SNP recruiting new ‘obesity tsar’ to help tackle health crisis
IT is one of the biggest challenges facing the future of Scotland, costing £12.6million every day and threatening to overtake smoking as the biggest public health disaster of this generation.
But critics have savaged the Scottish Government’s latest move to tackle the country’s obesity crisis – a new quango costing nearly £500,000.
Ministers are now advertising for an ‘obesity tsar’ to be the face of their creation, the Scottish Obesity Unit (SOU).
Backed by medical experts, the quango will ‘ aim to change the way Scotland thinks’ about the severely overweight.
It will also promote legislation to tackle issues such as body image, and is even set to provide guidance to supermarkets and other retailers on store layouts and clothing sizes.
Scotland has the second highest level of obesity in the developed world, behind only the US. Each year, thousands of Scots are admitted to hospital with serious illnesses linked to their weight.
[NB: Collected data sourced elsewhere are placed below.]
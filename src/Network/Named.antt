-- ===== src/Network/Named.antt =====
-- Named networks in src/network.rs: their metadata on disk.
use virturust.Base.{List, [], ◌∷◌, Option, none, some, if◌then◌else◌, io_error}
use virturust.Text.{Text, codes, text_eq}
use virturust.Text.Files.{FilePath, join}
use virturust.Sys.{Action, pure, throw, ◌>>=◌, attempt, fetch, read_file, write_file}
use virturust.Network.Command.{networks_dir}

-- The hash map of the containers is a list of its entries, the first of a name being the one in the map.
abbrev pub Containers : Type 0
Containers = List (Text × Text)

pub record NetworkInfo : Type 0 where
  pub name : Text
  pub bridge : Text
  pub subnet : Text
  pub gateway : Text
  pub containers : Containers

unfoldable pub get : Containers → Text → Option Text
get [] name = none
get ((key, ip) ∷ m) name = if text_eq key name then some ip else get m name

unfoldable pub remove : Text → Containers → Containers
remove name [] = []
remove name ((key, ip) ∷ m) =
    let rest = remove name m in if text_eq key name then rest else (key, ip) ∷ rest

-- `insert` puts a new value in the place of the old one.
unfoldable pub insert : Text → Text → Containers → Containers
insert name ip m = (name, ip) ∷ remove name m

abbrev pub with_containers : NetworkInfo → Containers → NetworkInfo
with_containers info m = record {
  name = info.name;
  bridge = info.bridge;
  subnet = info.subnet;
  gateway = info.gateway;
  containers = m;
}

-- `serde_json`: the text of the metadata, and back.
pub record Json : Type 0 where
  pub print : NetworkInfo → Text
  pub parse : Text → Option NetworkInfo

abbrev pub network_dir : Text → FilePath
network_dir name = join networks_dir name

abbrev pub meta_path : Text → FilePath
meta_path name = join (network_dir name) (codes "network.json")

module _ (json : Json) where
  unfoldable pub parse_info : Option Text → Action NetworkInfo
  parse_info none = throw io_error
  parse_info (some text) = elim (json.parse text) [ none ↦ throw io_error | some info ↦ pure info ]

  unfoldable pub load_network : Text → Action NetworkInfo
  load_network name = fetch (read_file (meta_path name)) >>= parse_info

  unfoldable pub save_network : NetworkInfo → Action (Unit {0})
  save_network info = attempt io_error (write_file (meta_path info.name) (json.print info))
Huge bills are being run up for hospital treatment, obesity prevention and lost pro- ductivity caused by illness and unemployment. According to a Holyrood report earlier this year, obesity is costing up to £4.6billion annually – close to the country’s entire schools budget.
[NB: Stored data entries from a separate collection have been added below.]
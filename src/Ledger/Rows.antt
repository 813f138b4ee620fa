-- ===== src/Ledger/Rows.antt =====
-- backend/ledger_service/model/entities.py: the tables of the ledger, and the errors of its services
-- (core/errors.py). An amount is a whole number of ticks of 0.0001 and a time its microsecond.
use cs.Base.{ℕ, Option, List}
use cs.Base.Int.{ℤ}
use cs.Base.Decimal.{Decimal}
use cs.Base.Text.{Text}
use cs.Ledger.Lmsr.{PricingError}
use cs.Ledger.Pricing.{Side}

pub data AccountKind : Type 0 where
  user platform market_pool : AccountKind

pub record Account : Type 0 where
  pub kind : AccountKind
  pub owner_id : ℕ

pub data TransactionKind : Type 0 where
  signup_grant market_seed trade_buy trade_sell : TransactionKind
  settlement settlement_residue void_refund void_residue : TransactionKind

pub data ResultKind : Type 0 where
  settled voided : ResultKind

pub data OrderStatus : Type 0 where
  opened filled cancelled : OrderStatus

-- The `context` of a trade or a fill
pub record TradeContext : Type 0 where
  pub user_id : ℕ
  pub market_id : ℕ
  pub outcome_id : ℕ
  pub side : Side
  pub quantity : ℕ
  pub total : ℤ
  pub state_version : ℕ
  pub book_state_version : Option ℕ
  pub order_id : Option ℕ

-- `Transaction.context`: what the writer of a movement stores beside it.
pub data TransactionContext : Type 0 where
  no_context : TransactionContext
  granted : ℕ → TransactionContext
  paid : (user_id market_id outcome_id quantity : ℕ) → TransactionContext
  of_market : (market_id : ℕ) → TransactionContext
  traded : TradeContext → TransactionContext

pub record Transaction : Type 0 where
  pub id : ℕ
  pub kind : TransactionKind
  pub idempotency_key : Text
  pub request_fingerprint : Text
  pub occurred_at : ℕ
  pub context : TransactionContext

pub record Entry : Type 0 where
  pub transaction_id : ℕ
  pub account_id : ℕ
  pub amount : ℤ
  pub created_at : ℕ

pub record Position : Type 0 where
  pub user_id : ℕ
  pub market_id : ℕ
  pub outcome_id : ℕ
  pub quantity : ℕ
  pub cost_basis : ℕ

pub record Order : Type 0 where
  pub id : ℕ
  pub seq : ℕ
  pub user_id : ℕ
  pub market_id : ℕ
  pub outcome_id : ℕ
  pub side : Side
  pub limit_price : ℕ
  pub quantity : ℕ
  pub filled_quantity : ℕ
  pub budget : Option ℕ
  pub filled_value : ℕ
  pub status : OrderStatus
  pub cancelled_at : Option ℕ
  pub idempotency_key : Text
  pub book_state_version : ℕ

pub record MarketResult : Type 0 where
  pub market_id : ℕ
  pub kind : ResultKind
  pub outcome_id : Option ℕ
  pub recorded_at : ℕ

-- `MarketOutcome`, a row of its book: the shares outstanding are signed, as the engine's are.
pub record OutcomeRow : Type 0 where
  pub outcome_id : ℕ
  pub position : ℤ
  pub q : ℤ

-- `MarketBook`, with its `MarketOutcome` rows
pub record Book : Type 0 where
  pub market_id : ℕ
  pub liquidity_b : Decimal
  pub seed_subsidy : Decimal
  pub pool_account_id : ℕ
  pub state_version : ℕ
  pub credits_traded : ℕ
  pub state_changed_at : ℕ
  pub opened_at : ℕ
  pub outcomes : List OutcomeRow

-- What the service records of an administrator's action.
pub data LedgerAction : Type 0 where
  market_settled : (outcome_id holders_paid : ℕ) → (total_paid residue : ℤ) → LedgerAction
  order_cancelled_by_admin : (user_id market_id : ℕ) → (reason : Text) → LedgerAction

pub record AdminEntry : Type 0 where
  pub actor_id : ℕ
  pub target_id : ℕ
  pub action : LedgerAction
  pub occurred_at : ℕ

-- The tables that money and orders are in.
pub record Tables : Type 0 where
  pub transactions : List Transaction
  pub entries : List Entry
  pub orders : List Order
  pub results : List MarketResult
  pub positions : List Position
  pub books : List Book
  pub admin_entries : List AdminEntry

-- What `InsufficientFunds` carries: the account's figures, and either what the account lacked at the
-- start or what the batch had taken, with the movement that was refused.
pub record Shortage : Type 0 where
  pub account_id : ℕ
  pub balance : ℤ
  pub reserved : ℤ
  pub required : Option ℤ
  pub shortfall : Option ℤ
  pub movement_key : Option Text

pub data LedgerError : Type 0 where
  malformed_batch unbalanced_transaction idempotency_key_reused pending_writes_on_replay :
      LedgerError
  insufficient_funds : Shortage → LedgerError
  market_already_voided market_not_approved dispute_window_open : LedgerError
  market_terms_unavailable settlement_unconfirmed market_not_published market_not_found :
      LedgerError
  cancellation_incomplete order_not_found order_already_filled : LedgerError
  order_already_cancelled order_released : LedgerError
  market_closed unknown_outcome market_book_incomplete market_not_binary : LedgerError
  account_suspended not_authenticated auth_unavailable cascade_fill_refused : LedgerError
  quote_stale : (quoted current : ℕ) → LedgerError
  insufficient_shares_held : (held reserved requested : ℤ) → LedgerError
  not_priced : PricingError → LedgerError
  -- Python's `ValueError`, and a read of what is not there
  bad_value lookup_failed : LedgerError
Scottish Tory health spokesman Jackson Carlaw yesterday called for action, not words to tackle the crisis. He said: ‘This is another example of the Scottish Government pouring money into a quango rather than confronting the issue head on. Direct, practical action is what is needed, not the creation of yet another unit under another guise.’
The Scottish Government-funded SOU, to be based in the offices of the Royal Colleges of Physicians and Surgeons of Glasgow, is recruiting staff including a programme lead paid up to £42,000 a year.
The quango, which will be advised by specialists, dieticians, GPs and public health experts, ‘aims to change the way Scotland thinks about obesity and its consequences’, to ‘ challenge the understanding of obesity (and what a normal weight looks like) and associated risks’ and ‘to challenge other public and private sector interests that directly shape the obesogenic environment to help them understand the impact of their actions’.
The programme lead will communicate ‘research, policy development and practice to a range of stakeholders including public audiences’.
Dr Emilia Crighton. a consultant in public health medicine at Gartnavel Royal Hospital, Glasgow, who is a member of the steering group, said the unit’s role was to tell ‘unpalatable truths’. She added: ‘Being obese is not free of consequence, it is not just a matter of size, it actually affects people’s health. It shortens life. We do have to do something, and because we are in the front line seeing these things, we can actually say the way they are.’
A Scottish Government spokesman said: ‘The Scottish Government is committed to addressing obesity across Scotland.
‘We have introduced child healthy weight interventions and are supporting projects to encourage more physical activity and healthy eating.’